Optical Absorption in Periodic Graphene Superlattices: Perpendicular Applied Magnetic Field and Temperature Effects

A detailed study of the magneto‐optical absorption β ( ℏ ω ) is presented for graphene superlattices (SLs) subjected to a perpendicular magnetic field. For a given temperature, this quantity exhibits a resonant peak structure whose characteristics depend on the magnetic field regime, circular polarization of light and SL barrier height. For the intermediate field regime, we demonstrated that the resonant peak structure of β ( ℏ ω ) is directly correlated to the partial joint density of states. Specifically, the latter exhibits van Hove‐like singularities and peaks at energies where β ( ℏ ω ) takes its maximum values. We also investigated the magnetoabsorption in the weak field regime for SLs exhibiting one and extra Dirac points in the absence of the field.
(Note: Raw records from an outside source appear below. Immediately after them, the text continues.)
-- ===== src/Catalog/Keys.antt =====
-- The tuples of variable names that the catalog filter copies.
use homecluster_infra.Base.{String, List, [], ◌∷◌}

unfoldable pub terraform_stg_group_var_keys : List String
terraform_stg_group_var_keys =
    "k3s_observability_apply_package_atom" ∷ "k3s_observability_apply_package_accept_keywords"
    ∷ "k3s_observability_apply_package_licenses" ∷ "k3s_observability_apply_state_mount_src"
    ∷ "k3s_observability_apply_state_mount_path" ∷ "k3s_observability_apply_state_mount_fstype"
    ∷ "k3s_observability_apply_state_mount_opts" ∷ "k3s_observability_apply_stage_name"
    ∷ "k3s_observability_apply_infra_bundle_name" ∷ "k3s_observability_apply_site_input_bundle_name"
    ∷ "k3s_observability_apply_run_root" ∷ "k3s_observability_apply_work_root"
    ∷ "k3s_observability_apply_service_name" ∷ "k3s_observability_apply_kubeconfig_path"
    ∷ "k3s_observability_apply_k3s_data_dir" ∷ "k3s_observability_apply_lock_timeout"
    ∷ "k3s_observability_apply_parallelism" ∷ "k3s_observability_apply_wait_timeout_secs"
    ∷ "k3s_observability_apply_retry_secs" ∷ "k3s_observability_apply_post_ready_settle_secs"
    ∷ "k3s_observability_apply_metallb_crd_wait_timeout_secs"
    ∷ "k3s_observability_apply_metallb_ready_wait_timeout_secs"
    ∷ "k3s_observability_apply_cert_manager_ready_wait_timeout_secs"
    ∷ "k3s_observability_apply_after_units" ∷ []

unfoldable pub k3s_local_storage_bool_keys : List String
k3s_local_storage_bool_keys =
    "k3s_local_storage_enabled" ∷ "k3s_local_storage_allow_format"
    ∷ "k3s_local_storage_force_format" ∷ "k3s_local_storage_ephemeral_agent_data"
    ∷ "k3s_local_storage_wipe_signatures" ∷ "k3s_local_storage_require_partition"
    ∷ "k3s_local_storage_killall_on_mount_change" ∷ "k3s_local_storage_scrub_containerd_on_boot"
    ∷ "k3s_local_storage_node_password_sync_enabled"
    ∷ "k3s_local_storage_reset_identity_when_local_password_missing" ∷ []

unfoldable pub k3s_local_storage_value_keys : List String
k3s_local_storage_value_keys =
    "k3s_local_storage_device" ∷ "k3s_local_storage_mountpoint"
    ∷ "k3s_local_storage_filesystem_type" ∷ "k3s_local_storage_label"
    ∷ "k3s_local_storage_mount_options" ∷ "k3s_local_storage_killall_script_path"
    ∷ "k3s_local_storage_scrub_containerd_confirm"
    ∷ "k3s_local_storage_scrub_containerd_required_confirm" ∷ "k3s_local_storage_containerd_dir"
    ∷ "k3s_local_storage_node_password_sync_service_name"
    ∷ "k3s_local_storage_node_password_sync_script_path"
    ∷ "k3s_local_storage_node_password_sync_dropin_name" ∷ "k3s_local_storage_state_dir"
    ∷ "k3s_local_storage_node_password_state_path" ∷ "k3s_local_storage_server_ca_hash_state_path"
    ∷ "k3s_local_storage_cluster_token_path" ∷ []

unfoldable pub k3s_iscsi_session_bool_keys : List String
k3s_iscsi_session_bool_keys = "k3s_iscsi_session_enabled" ∷ "k3s_iscsi_session_login_enabled" ∷ []

unfoldable pub k3s_iscsi_session_value_keys : List String
k3s_iscsi_session_value_keys =
    "k3s_iscsi_session_portal" ∷ "k3s_iscsi_session_target_iqn" ∷ "k3s_iscsi_session_initiator_iqn"
    ∷ "k3s_iscsi_session_device_path" ∷ "k3s_iscsi_session_node_startup"
    ∷ "k3s_iscsi_session_open_iscsi_package" ∷ "k3s_iscsi_session_discovery_timeout"
    ∷ "k3s_iscsi_session_udev_settle_timeout" ∷ []

unfoldable pub rpi5_egpu_local_llm_bool_keys : List String
rpi5_egpu_local_llm_bool_keys =
    "rpi5_egpu_local_llm_enabled" ∷ "rpi5_egpu_local_swap_enabled" ∷ "rpi5_egpu_llama_enabled"
    ∷ "rpi5_egpu_llama_disable_webui" ∷ "rpi5_egpu_llama_models_storage_enabled"
    ∷ "rpi5_egpu_llama_models_storage_allow_empty_dir_replace" ∷ "rpi5_egpu_llama_build_enabled"
    ∷ "rpi5_egpu_llama_validate_runtime" ∷ []

unfoldable pub rpi5_egpu_local_llm_value_keys : List String
rpi5_egpu_local_llm_value_keys =
    "rpi5_egpu_local_swap_path" ∷ "rpi5_egpu_local_swap_size" ∷ "rpi5_egpu_local_swap_size_bytes"
    ∷ "rpi5_egpu_local_swap_priority" ∷ "rpi5_egpu_local_swap_swappiness"
    ∷ "rpi5_egpu_local_swap_mountpoint" ∷ "rpi5_egpu_local_swap_mount_fstype"
    ∷ "rpi5_egpu_local_swap_mount_source" ∷ "rpi5_egpu_local_swap_service_name"
    ∷ "rpi5_egpu_llama_user" ∷ "rpi5_egpu_llama_group" ∷ "rpi5_egpu_llama_home"
    ∷ "rpi5_egpu_llama_models_dir" ∷ "rpi5_egpu_llama_model_path" ∷ "rpi5_egpu_llama_source_dir"
    ∷ "rpi5_egpu_llama_build_dir" ∷ "rpi5_egpu_llama_build_jobs" ∷ "rpi5_egpu_llama_service_name"
    ∷ "rpi5_egpu_llama_bind_host" ∷ "rpi5_egpu_llama_port" ∷ "rpi5_egpu_llama_context_size"
    ∷ "rpi5_egpu_llama_gpu_layers" ∷ "rpi5_egpu_llama_condition_host"
    ∷ "rpi5_egpu_llama_models_storage_dir" ∷ "rpi5_egpu_llama_models_storage_mountpoint"
    ∷ "rpi5_egpu_llama_models_storage_fstype" ∷ "rpi5_egpu_llama_models_storage_mount_source"
    ∷ "rpi5_egpu_llama_health_retries" ∷ "rpi5_egpu_llama_health_delay" ∷ []

unfoldable pub rpi5_egpu_local_llm_sequence_keys : List String
rpi5_egpu_local_llm_sequence_keys = "rpi5_egpu_llama_extra_args" ∷ []
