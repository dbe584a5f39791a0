-- ===== src/Catalog/Storage.antt =====
-- The variables of a node's storage: `_persistent_stg_storage_vars`,
-- `_build_k3s_local_storage_vars`, `_build_k3s_iscsi_session_vars` and
-- `_build_rpi5_egpu_local_llm_vars`, with the loops that copy variables by name.
pub mod Laws
pub mod Node
use homecluster_infra.Base.{
  String, ◌<>◌, Bool, true, false, ◌||◌, not, none, some, List, [], ◌∷◌, Result, ok, err,
  if◌then◌else◌,
}
use homecluster_infra.Value.{
  Value, null, bool, str, list, Fields, end, field, lookup, set, has, get, get_or, of_list, is_null,
}
use homecluster_infra.Catalog.Scalars.{as_bool, as_list, first_present}
use homecluster_infra.Catalog.Keys.{
  k3s_local_storage_bool_keys, k3s_local_storage_value_keys, k3s_iscsi_session_bool_keys,
  k3s_iscsi_session_value_keys, rpi5_egpu_local_llm_bool_keys, rpi5_egpu_local_llm_value_keys,
  rpi5_egpu_local_llm_sequence_keys, terraform_stg_group_var_keys,
}

-- `for key in keys: if key in hv: result[key] = read(hv[key])`
unfoldable pub copy_keys : (Value → Value) → List String → Fields → Fields → Fields
copy_keys read [] hv result = result
copy_keys read (key ∷ keys) hv result =
    copy_keys read keys hv
      (elim (lookup key hv) [ none ↦ result | some v ↦ set key (read v) result ])

abbrev pub as_flag : Value → Value
as_flag v = bool (as_bool v)

abbrev pub as_it_is : Value → Value
as_it_is v = v

abbrev pub as_sequence : Value → Value
as_sequence v = list (of_list (as_list v))

unfoldable pub build_terraform_stg_group_vars : Fields → Fields
unfolding copy_keys
build_terraform_stg_group_vars hv = copy_keys as_it_is terraform_stg_group_var_keys hv end

-- The settings that would erase a disk.
abbrev pub destructive_keys : List String
destructive_keys =
    "k3s_local_storage_allow_format" ∷ "k3s_local_storage_force_format"
    ∷ "k3s_local_storage_ephemeral_agent_data" ∷ []

-- The loop of `_persistent_stg_storage_vars`.
unfoldable pub persistent_loop : List String → Fields → Result Fields
persistent_loop [] result = ok result
persistent_loop (key ∷ keys) result =
    let go_on = persistent_loop keys (set key (bool false) result) in
    if as_bool (get_or key (bool false) result)
    then err ("persistent staging server cannot enable " <> key)
    else go_on

unfoldable pub persistent_stg_storage_vars : Fields → Result Fields
unfolding persistent_loop
persistent_stg_storage_vars values = persistent_loop destructive_keys values

-- The dict that the storage variables start from.
unfoldable pub k3s_local_storage_defaults : Fields → Bool → Fields
k3s_local_storage_defaults hv default_ephemeral_agent_data =
    field "k3s_local_storage_enabled"
      (as_flag (first_present (get "k3s_local_storage_enabled" hv ∷ bool false ∷ [])))
      (field "k3s_local_storage_mountpoint" (str "/var/lib/rancher/k3s") (
        field "k3s_local_storage_filesystem_type" (str "ext4") (
          field "k3s_local_storage_mount_options"
            (str "defaults,noatime,lazytime,nodiscard,errors=remount-ro")
            (field "k3s_local_storage_allow_format" (bool true) (
              field "k3s_local_storage_force_format" (bool false) (
                field "k3s_local_storage_ephemeral_agent_data"
                  (as_flag (
                    first_present (
                      get "k3s_local_storage_ephemeral_agent_data" hv
                      ∷ bool default_ephemeral_agent_data
                      ∷ [])))
                  end))))))

-- `default_sync` is `null` where the source passes `None`.
unfoldable pub with_password_sync : Fields → Value → Fields → Fields
with_password_sync hv default_sync result =
    if not (is_null default_sync) || has "k3s_local_storage_node_password_sync_enabled" hv
    then set "k3s_local_storage_node_password_sync_enabled"
        (as_flag (
          first_present
            (get "k3s_local_storage_node_password_sync_enabled" hv ∷ default_sync ∷ [])))
        result
    else result

unfoldable pub build_k3s_local_storage_vars : Fields → Bool → Value → Fields
unfolding k3s_local_storage_defaults with_password_sync copy_keys
build_k3s_local_storage_vars hv default_ephemeral_agent_data default_sync =
    copy_keys as_it_is k3s_local_storage_value_keys hv (
      copy_keys as_flag k3s_local_storage_bool_keys hv (
        with_password_sync hv default_sync
          (k3s_local_storage_defaults hv default_ephemeral_agent_data)))

unfoldable pub build_k3s_iscsi_session_vars : Fields → Fields
unfolding copy_keys
build_k3s_iscsi_session_vars hv =
    copy_keys as_it_is k3s_iscsi_session_value_keys hv
      (copy_keys as_flag k3s_iscsi_session_bool_keys hv end)

unfoldable pub build_rpi5_egpu_local_llm_vars : Fields → Fields
unfolding copy_keys
build_rpi5_egpu_local_llm_vars hv = copy_keys as_sequence rpi5_egpu_local_llm_sequence_keys hv (
    copy_keys as_it_is rpi5_egpu_local_llm_value_keys hv
      (copy_keys as_flag rpi5_egpu_local_llm_bool_keys hv end))
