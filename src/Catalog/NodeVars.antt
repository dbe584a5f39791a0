-- ===== src/Catalog/NodeVars.antt =====
-- The variables of the k3s roles: `_build_base_vars`, `_build_k3s_stg_agent_vars` and
-- `_build_k3s_stg_server_vars`.
use homecluster_infra.Base.{
  String, true, false, ◌||◌, ◌&&◌, not, none, some, List, [], ◌∷◌, ◌==◌, string_eq, Result, ok, err,
  require, ◌>>=◌, ◌>>◌, if◌then◌else◌,
}
use homecluster_infra.Value.{
  Value, null, bool, str, list, dict, Items, nil, cons, Fields, end, field, lookup, set, get,
  get_or, update, of_texts, truth, is_mapping,
}
use homecluster_infra.Catalog.Scalars.{as_bool, as_list, clean_string, first_present, append_all}
use homecluster_infra.Catalog.Storage.{
  as_flag, build_k3s_local_storage_vars, build_k3s_iscsi_session_vars,
  build_rpi5_egpu_local_llm_vars,
}

-- `cfg = value; if not isinstance(cfg, Mapping): cfg = {}`
abbrev pub mapping_or_empty : Value → Fields
mapping_or_empty (dict d) = d
mapping_or_empty _ = end

-- `a or b` of texts.
abbrev pub or_text : String → String → String
or_text a b = if a == "" then b else a

unfoldable pub build_base_vars : Fields → Fields → Fields
build_base_vars hv cfg =
    let ansible_pull_cfg = mapping_or_empty (get "ansible_pull" cfg) in
    let distcc_cfg = get "distcc" hv in
    if not (as_bool (get_or "distcc_vars_enabled" (bool true) ansible_pull_cfg))
    then end
    else if not (is_mapping distcc_cfg)
        || not (as_bool (get "enabled" (mapping_or_empty distcc_cfg)))
    then end
    else let result = field "distcc" distcc_cfg end in
      elim (lookup "distcc_default_allow" hv) [
        | none ↦ result
        | some allow ↦ set "distcc_default_allow" allow result
      ]

unfoldable pub node_ip_of : Fields → Fields → String
node_ip_of hv cfg =
    clean_string (first_present (get "k3s_node_ip" hv ∷ get "ansible_host" hv ∷ get "ip" cfg ∷ []))

unfoldable pub agent_snapshotter : Fields → String
agent_snapshotter hv = or_text (clean_string (get "k3s_agent_snapshotter" hv)) "native"

-- The two checks of the snapshotter.
unfoldable pub check_snapshotter : Fields → String → Result (Unit {0})
check_snapshotter hv snapshotter = do
  require (snapshotter == "native" || snapshotter == "overlayfs")
      "k3s_agent_snapshotter must be native or overlayfs"
  require
      (not (
        snapshotter == "overlayfs"
        && (not (as_bool (get "k3s_local_storage_enabled" hv))
            || not (clean_string (get "k3s_local_storage_filesystem_type" hv) == "ext4"))))
      "k3s_agent_snapshotter=overlayfs requires dedicated ext4 k3s local storage"

unfoldable pub agent_labels : Fields → Fields → List String
agent_labels hv k3s_agent_cfg =
    let labels =
      append_all (append_all [] (as_list (get "node-label" k3s_agent_cfg)))
        (as_list (get "k3s_agent_extra_node_labels" hv)) in
    elim labels [ [] ↦ "example.com/k3s-workload=true" ∷ [] | label ∷ rest ↦ label ∷ rest ]

unfoldable pub k3s_agent_of : String → Fields → Fields → String → String → Fields → Fields
k3s_agent_of hostname hv cfg overlay_id snapshotter k3s_agent_cfg =
    let agent : Fields = field "node-ip" (str (node_ip_of hv cfg)) (
      field "node-name" (str (or_text overlay_id hostname)) (
        field "node-label" (list (of_texts (agent_labels hv k3s_agent_cfg))) (
          field "snapshotter" (str snapshotter)
            (field "data-dir" (str "/var/lib/rancher/k3s") end)))) in
    elim (lookup "kubelet-arg" k3s_agent_cfg) [
      | none ↦ agent
      | some args ↦ set "kubelet-arg" args agent
    ]

-- `if "k3s_start_on_boot" in hv: ...`
unfoldable pub with_start_on_boot : Fields → Fields → Fields
with_start_on_boot hv result = elim (lookup "k3s_start_on_boot" hv) [
  | none ↦ result
  | some v ↦ set "k3s_start_on_boot" (as_flag v) result
]

unfoldable pub build_k3s_stg_agent_vars : String → Fields → Fields → String → Result Fields
build_k3s_stg_agent_vars hostname hv cfg overlay_id = do
  let k3s_agent_cfg = mapping_or_empty (get "k3s_agent" hv)
  let snapshotter = agent_snapshotter hv
  check_snapshotter hv snapshotter
  let result : Fields =
      field "k3s_agent" (dict (k3s_agent_of hostname hv cfg overlay_id snapshotter k3s_agent_cfg)) (
        field "k3s_build_cluster" (bool true) (
          field "k3s_control_node" (bool false) (
            field "k3s_primary_control_node" (bool false) (
              field "k3s_control_delegate" (str "k3s_stg_server")
                (field "k3s_controller_list" (list (cons (str "k3s_stg_server") nil)) end)))))
  let with_storage =
      update (with_start_on_boot hv result) (build_k3s_local_storage_vars hv true null)
  let with_session = update with_storage (build_k3s_iscsi_session_vars hv)
  ok (update with_session (build_rpi5_egpu_local_llm_vars hv))

-- `list(value)`, which raises a `TypeError` on what cannot be iterated.
key_items : Fields → Items
key_items end = nil
key_items (field k v d) = cons (str k) (key_items d)

unfoldable pub py_list : Value → Result Items
unfolding key_items
py_list (list xs) = ok xs
py_list (dict d) = ok (key_items d)
py_list _ = err "TypeError: object is not iterable"

-- `[node_taints] if isinstance(node_taints, str) else list(node_taints)`
abbrev taint_items : Value → Result Items
taint_items (str s) = ok (cons (str s) nil)
taint_items v = py_list v

unfoldable pub with_taints : Fields → Fields → Result Fields
unfolding py_list
with_taints hv server =
    let node_taints = get "k3s_server_node_taints" hv in
    if truth node_taints
    then (do items ← taint_items node_taints; ok (set "node-taint" (list items) server))
    else ok server

-- `[item for item in items if item]`
non_empty : List String → List String
non_empty [] = []
non_empty (s ∷ rest) = let more = non_empty rest in if s == "" then more else s ∷ more

unfoldable pub k3s_server_of : String → Fields → Fields → String → String → Fields
unfolding non_empty
k3s_server_of hostname hv cfg overlay_id kubeconfig_mode =
    let node_ip = node_ip_of hv cfg in
    let node_name = or_text overlay_id hostname in
    field "disable" (list (of_texts ("traefik" ∷ "servicelb" ∷ []))) (
      field "node-ip" (str node_ip) (
        field "node-name" (str node_name) (
          field "node-external-ip" (list (if node_ip == "" then nil else cons (str node_ip) nil)) (
            field "tls-san" (list (of_texts (non_empty (node_ip ∷ node_name ∷ [])))) (
              field "snapshotter" (str "native") (
                field "data-dir" (str "/var/lib/rancher/k3s")
                  (field "write-kubeconfig-mode" (str kubeconfig_mode) end)))))))

unfoldable pub build_k3s_stg_server_vars :
    String → Fields → Fields → String → String → Result Fields
build_k3s_stg_server_vars hostname hv cfg overlay_id kubeconfig_mode = do
  server ← with_taints hv (k3s_server_of hostname hv cfg overlay_id kubeconfig_mode)
  let result = with_start_on_boot hv (field "k3s_server" (dict server) end)
  let with_storage = update result (build_k3s_local_storage_vars hv false (bool false))
  ok (update with_storage (build_k3s_iscsi_session_vars hv))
It was found that for SLs with only one Dirac point, the absorption spectra consist of resonant peaks satisfying the same circular polarization dependent selection rule as that for pristine graphene, except for one of them. For SLs with extra Dirac points, the resonant peaks arise from transitions between singlet subbands or between doublet subbands and satisfy a circular polarization and peak intensity dependent selection rule. It was also found that the resonant structure of β ( ℏ ω ) can be observed experimentally at room temperature in clean SLs.